Action item = When you reach the line containing "unfolding extend" in the entries below, begin reproducing lines exactly, and stop once the line containing "-- store/src/utils.rs: what" is done.

Data section =
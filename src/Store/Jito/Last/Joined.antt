-- ===== src/Store/Jito/Last/Joined.antt =====
-- The records of both tables, joined: which keys the result has, and what stands under each.
use delegation_strategy.Prelude.{
  or_else, ◌≤◌, ◌≡◌, refl, sym, ap, subst, ap₂, ◌∙◌, Bool, false, ◌||◌, Option, none, some, is_some,
  List, [], ◌∷◌, HashMap, keys, map, find, count, if◌then◌else◌, holds, get, get-insert, insert,
  add, contains, contains-add, arith,
}
use delegation_strategy.Store.Dto.Records.{JitoMevRecord, JitoPriorityFeeRecord, JitoRecord}
use delegation_strategy.Store.Jito.Last.{
  Key, key_discrete, index, extend, mev_key, priority_fee_key, joined_record, combine_records,
}

-- The last record of a key.
abbrev pub last_with : {R : Type 0} → (R → Key) → Key → List R → Option R
last_with key k [] = none
last_with key k (r ∷ rs) =
    or_else (last_with key k rs) (if holds (key_discrete (key r) k) then some r else none)

get-index :
    {R : Type 0} (key : R → Key) (k : Key) (rs : List R) (m : HashMap Key R)
    → get key_discrete k (index key rs m) ≡ or_else (last_with key k rs) (get key_discrete k m)
unfolding index
get-index key k [] m = refl
get-index key k (r ∷ rs) m =
    get-index key k rs (insert key_discrete (key r) r m)
    ∙ ground (arith, get-insert key_discrete (key r) k r m)

get-index_nil :
    {R : Type 0} (key : R → Key) (k : Key) (rs : List R)
    → get key_discrete k (index key rs []) ≡ last_with key k rs
unfolding get
get-index_nil key k rs = get-index key k rs [] ∙ right_none (last_with key k rs)
  where
    right_none : {R : Type 0} (o : Option R) → or_else o none ≡ o
    right_none none = refl
    right_none (some r) = refl

contains-keys :
    {R : Type 0} (k : Key) (m : HashMap Key R)
    → contains key_discrete k (keys m) ≡ is_some (get key_discrete k m)
unfolding contains get
contains-keys k [] = refl
contains-keys k ((j, r) ∷ m) = ground (arith, contains-keys k m)

contains-extend :
    (k : Key) (ks all_keys : List Key)
    → contains key_discrete k (extend ks all_keys)
      ≡ (contains key_discrete k ks || contains key_discrete k all_keys)
unfolding contains extend
contains-extend k [] all_keys = refl
contains-extend k (j ∷ ks) all_keys =
    contains-extend k ks (add key_discrete j all_keys)
    ∙ ground (arith, contains-add key_discrete j k all_keys)

-- A record of the given key.
abbrev pub has_key : Key → JitoRecord → Bool
has_key k r = holds (key_discrete (r.vote_account, r.epoch) k)

module _ (mev : Key → Option JitoMevRecord) (fee : Key → Option JitoPriorityFeeRecord) where
  abbrev at_key : Key → JitoRecord
  at_key k = joined_record (mev k) (fee k) k

  find-map :
      (k : Key) (ks : List Key)
      → find (has_key k) (map at_key ks)
        ≡ (if contains key_discrete k ks then some (at_key k) else none)
  unfolding contains
  find-map k [] = refl
  find-map k (j ∷ ks) = ground (arith, find-map k ks, moved)
    where
      moved : j ≡ k → some (at_key j) ≡ some (at_key k)
      moved e = ap (λ i. some (at_key i)) e

  -- Each key has as many records as it stands among the keys.
  count-map :
      (k : Key) (ks : List Key)
      → count (has_key k) (map at_key ks) ≡ count (λ j. holds (key_discrete j k)) ks
  count-map k [] = refl
  count-map k (j ∷ ks) = ground (arith, count-map k ks)

count-absent :
    (k : Key) (ks : List Key)
    → contains key_discrete k ks ≡ false
    → count (λ j. holds (key_discrete j k)) ks ≡ 0
unfolding contains
count-absent k [] h = refl
count-absent k (j ∷ ks) h = ground (arith, count-absent k ks)

count-add :
    (j k : Key) (ks : List Key)
    → count (λ i. holds (key_discrete i k)) ks ≤ 1
    → count (λ i. holds (key_discrete i k)) (add key_discrete j ks) ≤ 1
unfolding add
count-add j k ks h = ground (arith, count-absent k ks, moved)
  where
    moved : j ≡ k → contains key_discrete j ks ≡ contains key_discrete k ks
    moved e = ap (λ i. contains key_discrete i ks) e

count-extend :
    (k : Key) (ks all_keys : List Key)
    → count (λ i. holds (key_discrete i k)) all_keys ≤ 1
    → count (λ i. holds (key_discrete i k)) (extend ks all_keys) ≤ 1
unfolding extend
count-extend k [] all_keys h = h
count-extend k (j ∷ ks) all_keys h =
    count-extend k ks (add key_discrete j all_keys) (count-add j k all_keys h)

-- What the outer join has under a key.
abbrev pub joined : Option JitoMevRecord → Option JitoPriorityFeeRecord → Key → Option JitoRecord
joined mev fee k = if is_some mev || is_some fee then some (joined_record mev fee k) else none

present :
    (b : Bool) (m : Option JitoMevRecord) (f : Option JitoPriorityFeeRecord) (k : Key)
    → b ≡ (is_some f || (is_some m || false))
    → (if b then some (joined_record m f k) else none) ≡ joined m f k
present b m f k h = ground arith

-- For every vote account and epoch, the result of joining has at most one record: it has one exactly if
-- one of the tables has a record of that key, with the values of the last such record of each table,
-- and none for a table that has no such record.
pub combine_records-joined :
    (mevs : List JitoMevRecord) (fees : List JitoPriorityFeeRecord) (k : Key)
    → (find (has_key k) (combine_records mevs fees)
        ≡ joined (last_with mev_key k mevs) (last_with priority_fee_key k fees) k)
      × (count (has_key k) (combine_records mevs fees) ≤ 1)
unfolding combine_records get contains
combine_records-joined mevs fees k =
    let mev = index mev_key mevs [] in
    let fee = index priority_fee_key fees [] in
    let all_keys = extend (keys fee) (extend (keys mev) []) in
    let by_mev = λ (j : Key). get key_discrete j mev in
    let by_fee = λ (j : Key). get key_discrete j fee in
    (
      find-map by_mev by_fee k all_keys
          ∙ present (contains key_discrete k all_keys) (by_mev k) (by_fee k) k (
              contains-extend k (keys fee) (extend (keys mev) [])
              ∙ ap₂ (λ a b. a || b) (contains-keys k fee)
                  (contains-extend k (keys mev) [] ∙ ap (λ a. a || false) (contains-keys k mev)))
          ∙ ap₂ (λ m f. joined m f k) (get-index_nil mev_key k mevs)
              (get-index_nil priority_fee_key k fees),
      subst (λ n. n ≤ 1) (sym (count-map by_mev by_fee k all_keys))
          (count-extend k (keys fee) _ (count-extend k (keys mev) [] (omega arith))),
    )
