-- ===== src/Store/Load.antt =====
-- store/src/utils.rs: what `load_validators` and the loaders beside it read from the tables. A query is
-- given by its rows, in its order, or by its error. A conversion of a number that does not fit is
-- `none` where the code unwraps it, and the error `out_of_range` where it has a `?`.
pub mod Yields
pub mod Concentrations
pub mod Grouped
pub mod Rows
pub mod Loop
pub mod Scores
pub mod Fits
pub mod Validators
use delegation_strategy.Prelude.{
  ℕ, ◌+◌, ◌-◌, Bool, Option, none, some, List, [], ◌∷◌, map, maximum, ltb, if◌then◌else◌,
  or_default, u64_mod, ℤ, pos, negsuc, add_u64, sub_u64, min, ◌>>=◌,
}
use delegation_strategy.Store.Query.{Result, ok, err, and_then}
use delegation_strategy.Store.Dto.Scalars.{Decimal}
use delegation_strategy.Store.Dto.Rows.{Validator}

-- `try_into` to a u64, and from an unsigned number to a u8.
abbrev pub to_u64 : ℕ → Option ℕ
to_u64 n = if ltb n u64_mod then some n else none

abbrev pub to_u8 : ℕ → Option ℕ
to_u8 n = if ltb n 256 then some n else none

-- From a signed number: `try_into` to a u64 or a u8.
abbrev pub signed_to_u64 : ℤ → Option ℕ
signed_to_u64 (pos n) = some n
signed_to_u64 (negsuc n) = none

abbrev pub signed_to_u8 : ℤ → Option ℕ
signed_to_u8 (pos n) = to_u8 n
signed_to_u8 (negsuc n) = none

-- `.map(|n| n.try_into().unwrap())`
abbrev pub in_option : {A : Type 0} → (A → Option ℕ) → Option A → Option (Option ℕ)
in_option f none = some none
in_option f (some n) = f n >>= λ m. some (some m)

-- `try_into()?`
abbrev pub or_error : {E A : Type 0} → E → Option A → Result E A
or_error e none = err e
or_error e (some a) = ok a

-- SELECT COALESCE(MAX(epoch), 0) FROM validators, which always has one row.
abbrev pub max_epoch : {Float : Type 0} → List (Validator Float) → Decimal
max_epoch table = maximum (map (λ v. v.epoch) table)

unfoldable pub get_last_epoch :
    {Float E : Type 0} → Result E (List (Validator Float)) → Result E (Option ℕ)
get_last_epoch table = and_then table (λ rows. ok (some (or_default 0 (to_u64 (max_epoch rows)))))

-- The first of the last `epochs` epochs; not below 1.
abbrev pub first_of : ℕ → ℕ → ℕ
first_of last_epoch epochs = add_u64 (last_epoch - min epochs last_epoch) 1
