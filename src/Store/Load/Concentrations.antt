-- ===== src/Store/Load/Concentrations.antt =====
-- store/src/utils.rs: `load_dc_concentration_stats`, `load_block_production_stats` and
-- `load_cluster_stats`. How a number is shown as text is the standard library's, and a parameter.
pub mod Sums
use delegation_strategy.Prelude.{
  ℤ, ℕ, zero, suc, ◌+◌, ◌-◌, String, ◌<>◌, Option, none, some, List, [], ◌∷◌, ◌++◌, HashMap, map,
  update, or_default, add_u64, min, ltb, keep, ◌==◌, string_discrete, F64,
}
use delegation_strategy.Store.Query.{Result, ok, err, and_then}
use delegation_strategy.Store.Dto.Scalars.{Decimal}
use delegation_strategy.Store.Dto.Rows.{Validator}
use delegation_strategy.Store.Dto.Records.{DcConcentrationStats, BlockProductionStats, ClusterStats}
use delegation_strategy.Store.Load.{to_u64, or_error, get_last_epoch, first_of}

-- `*stakes.entry(key).or_insert(0) += stake`
abbrev pub add_stake : String → ℕ → HashMap String ℕ → HashMap String ℕ
add_stake key stake stakes = update string_discrete key 0 (λ n. add_u64 n stake) stakes

-- CONCAT takes a NULL as an empty text.
abbrev pub full_city : {Float : Type 0} → Validator Float → String
full_city v =
    or_default "" v.dc_continent
    <> ("/" <> (or_default "" v.dc_country <> ("/" <> or_default "" v.dc_city)))

pub record Stakes : Type 0 where
  pub total_active_stake : ℕ
  pub by_aso : HashMap String ℕ
  pub by_asn : HashMap String ℕ
  pub by_city : HashMap String ℕ
  pub by_country : HashMap String ℕ

abbrev pub no_stakes : Stakes
no_stakes = record {
  total_active_stake = 0;
  by_aso = [];
  by_asn = [];
  by_city = [];
  by_country = [];
}

module _ (f64 : F64) (show : ℤ → String) where
  abbrev pub aso_of : Validator f64.Float → String
  aso_of v = or_default "Unknown" v.dc_aso

  abbrev pub shown : Option ℤ → String
  shown none = "Unknown"
  shown (some n) = show n

  abbrev pub asn_of : Validator f64.Float → String
  asn_of v = shown v.dc_asn

  abbrev pub country_of : Validator f64.Float → String
  country_of v = or_default "Unknown" v.dc_country

  abbrev pub add_row : Validator f64.Float → ℕ → Stakes → Stakes
  add_row v stake s = record {
    total_active_stake = add_u64 s.total_active_stake stake;
    by_aso = add_stake (aso_of v) stake s.by_aso;
    by_asn = add_stake (asn_of v) stake s.by_asn;
    by_city = add_stake (full_city v) stake s.by_city;
    by_country = add_stake (country_of v) stake s.by_country;
  }

  abbrev pub map_stake_to_concentration : HashMap String ℕ → ℕ → HashMap String f64.Float
  map_stake_to_concentration stakes total =
      map (λ e. (e.0, f64.div (f64.of_nat e.1) (f64.of_nat total))) stakes

  abbrev pub stats_of : ℕ → Stakes → DcConcentrationStats f64.Float
  stats_of epoch s = record {
    epoch = epoch;
    total_activated_stake = s.total_active_stake;
    dc_concentration_by_aso = map_stake_to_concentration s.by_aso s.total_active_stake;
    dc_stake_by_aso = s.by_aso;
    dc_concentration_by_asn = map_stake_to_concentration s.by_asn s.total_active_stake;
    dc_stake_by_asn = s.by_asn;
    dc_concentration_by_city = map_stake_to_concentration s.by_city s.total_active_stake;
    dc_stake_by_city = s.by_city;
    dc_concentration_by_country = map_stake_to_concentration s.by_country s.total_active_stake;
    dc_stake_by_country = s.by_country;
  }

  module _ {E : Type 0} (out_of_range : E) where
    -- The loop over the rows of one epoch.
    unfoldable pub add_rows : List (Validator f64.Float) → Stakes → Result E Stakes
    add_rows [] s = ok s
    add_rows (v ∷ rows) s =
        and_then (or_error out_of_range (to_u64 v.activated_stake))
          (λ stake. add_rows rows (add_row v stake s))

    -- The loop over `n` epochs, down to `first`; `rows_at` is the query of an epoch.
    unfoldable pub epochs_down :
        (ℕ → Result E (List (Validator f64.Float)))
        → ℕ
        → ℕ
        → Result E (List (DcConcentrationStats f64.Float))
    unfolding add_rows
    epochs_down rows_at first zero = ok []
    epochs_down rows_at first (suc n) = and_then (rows_at (first + n)) (λ rows.
        and_then (add_rows rows no_stakes) (λ stakes.
          and_then (epochs_down rows_at first n)
            (λ later. ok (stats_of (first + n) stakes ∷ later))))

    abbrev pub dc_stats_from :
        (ℕ → Result E (List (Validator f64.Float)))
        → ℕ
        → Option ℕ
        → Result E (List (DcConcentrationStats f64.Float))
    dc_stats_from rows_at epochs none = ok []
    dc_stats_from rows_at epochs (some last_epoch) =
        let first_epoch = first_of last_epoch epochs in
        epochs_down rows_at first_epoch (last_epoch + 1 - first_epoch)

    -- `table` answers the query of the last epoch.
    unfoldable pub load_dc_concentration_stats :
        Result E (List (Validator f64.Float))
        → (ℕ → Result E (List (Validator f64.Float)))
        → ℕ
        → Result E (List (DcConcentrationStats f64.Float))
    unfolding get_last_epoch epochs_down
    load_dc_concentration_stats table rows_at epochs =
        and_then (get_last_epoch table) (dc_stats_from rows_at epochs)

    -- A row of the query of the epochs after the given one.
    pub record BlockProductionRow : Type 0 where
      pub epoch : Decimal
      pub blocks_produced : Decimal
      pub leader_slots : Decimal
      pub avg_skip_rate : f64.Float

    unfoldable pub block_production_rows :
        List BlockProductionRow → Result E (List (BlockProductionStats f64.Float))
    block_production_rows [] = ok []
    block_production_rows (row ∷ rows) =
        and_then (or_error out_of_range (to_u64 row.epoch)) (λ epoch.
          and_then (or_error out_of_range (to_u64 row.blocks_produced)) (λ blocks_produced.
            and_then (or_error out_of_range (to_u64 row.leader_slots)) (λ leader_slots.
              and_then (block_production_rows rows) (λ stats. ok (
                record {
                  epoch = epoch;
                  blocks_produced = blocks_produced;
                  leader_slots = leader_slots;
                  avg_skip_rate = row.avg_skip_rate;
                }
                ∷ stats)))))

    abbrev pub block_stats_from :
        (ℕ → Result E (List BlockProductionRow))
        → ℕ
        → Option ℕ
        → Result E (List (BlockProductionStats f64.Float))
    block_stats_from rows_after epochs none = ok []
    block_stats_from rows_after epochs (some last_epoch) =
        and_then (rows_after (first_of last_epoch epochs)) block_production_rows

    unfoldable pub load_block_production_stats :
        Result E (List (Validator f64.Float))
        → (ℕ → Result E (List BlockProductionRow))
        → ℕ
        → Result E (List (BlockProductionStats f64.Float))
    unfolding get_last_epoch block_production_rows
    load_block_production_stats table rows_after epochs =
        and_then (get_last_epoch table) (block_stats_from rows_after epochs)

    unfoldable pub load_cluster_stats :
        Result E (List (Validator f64.Float))
        → (ℕ → Result E (List BlockProductionRow))
        → (ℕ → Result E (List (Validator f64.Float)))
        → ℕ
        → Result E (ClusterStats f64.Float)
    unfolding load_block_production_stats load_dc_concentration_stats
    load_cluster_stats table rows_after rows_at epochs =
        and_then (load_block_production_stats table rows_after epochs) (λ blocks.
          and_then (load_dc_concentration_stats table rows_at epochs) (λ concentrations.
            ok (record {
              block_production_stats = blocks;
              dc_concentration_stats = concentrations;
            })))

Reply to the exercise =
unfolding extend
count-extend k [] all_keys h = h
count-extend k (j ∷ ks) all_keys h =
    count-extend k ks (add key_discrete j all_keys) (count-add j k all_keys h)

-- What the outer join has under a key.
abbrev pub joined : Option JitoMevRecord → Option JitoPriorityFeeRecord → Key → Option JitoRecord
joined mev fee k = if is_some mev || is_some fee then some (joined_record mev fee k) else none

present :
    (b : Bool) (m : Option JitoMevRecord) (f : Option JitoPriorityFeeRecord) (k : Key)
    → b ≡ (is_some f || (is_some m || false))
    → (if b then some (joined_record m f k) else none) ≡ joined m f k
present b m f k h = ground arith

-- For every vote account and epoch, the result of joining has at most one record: it has one exactly if
-- one of the tables has a record of that key, with the values of the last such record of each table,
-- and none for a table that has no such record.
pub combine_records-joined :
    (mevs : List JitoMevRecord) (fees : List JitoPriorityFeeRecord) (k : Key)
    → (find (has_key k) (combine_records mevs fees)
        ≡ joined (last_with mev_key k mevs) (last_with priority_fee_key k fees) k)
      × (count (has_key k) (combine_records mevs fees) ≤ 1)
unfolding combine_records get contains
combine_records-joined mevs fees k =
    let mev = index mev_key mevs [] in
    let fee = index priority_fee_key fees [] in
    let all_keys = extend (keys fee) (extend (keys mev) []) in
    let by_mev = λ (j : Key). get key_discrete j mev in
    let by_fee = λ (j : Key). get key_discrete j fee in
    (
      find-map by_mev by_fee k all_keys
          ∙ present (contains key_discrete k all_keys) (by_mev k) (by_fee k) k (
              contains-extend k (keys fee) (extend (keys mev) [])
              ∙ ap₂ (λ a b. a || b) (contains-keys k fee)
                  (contains-extend k (keys mev) [] ∙ ap (λ a. a || false) (contains-keys k mev)))
          ∙ ap₂ (λ m f. joined m f k) (get-index_nil mev_key k mevs)
              (get-index_nil priority_fee_key k fees),
      subst (λ n. n ≤ 1) (sym (count-map by_mev by_fee k all_keys))
          (count-extend k (keys fee) _ (count-extend k (keys mev) [] (omega arith))),
    )
-- ===== src/Store/Load.antt =====
-- store/src/utils.rs: what `load_validators` and the loaders beside it read from the tables. A query is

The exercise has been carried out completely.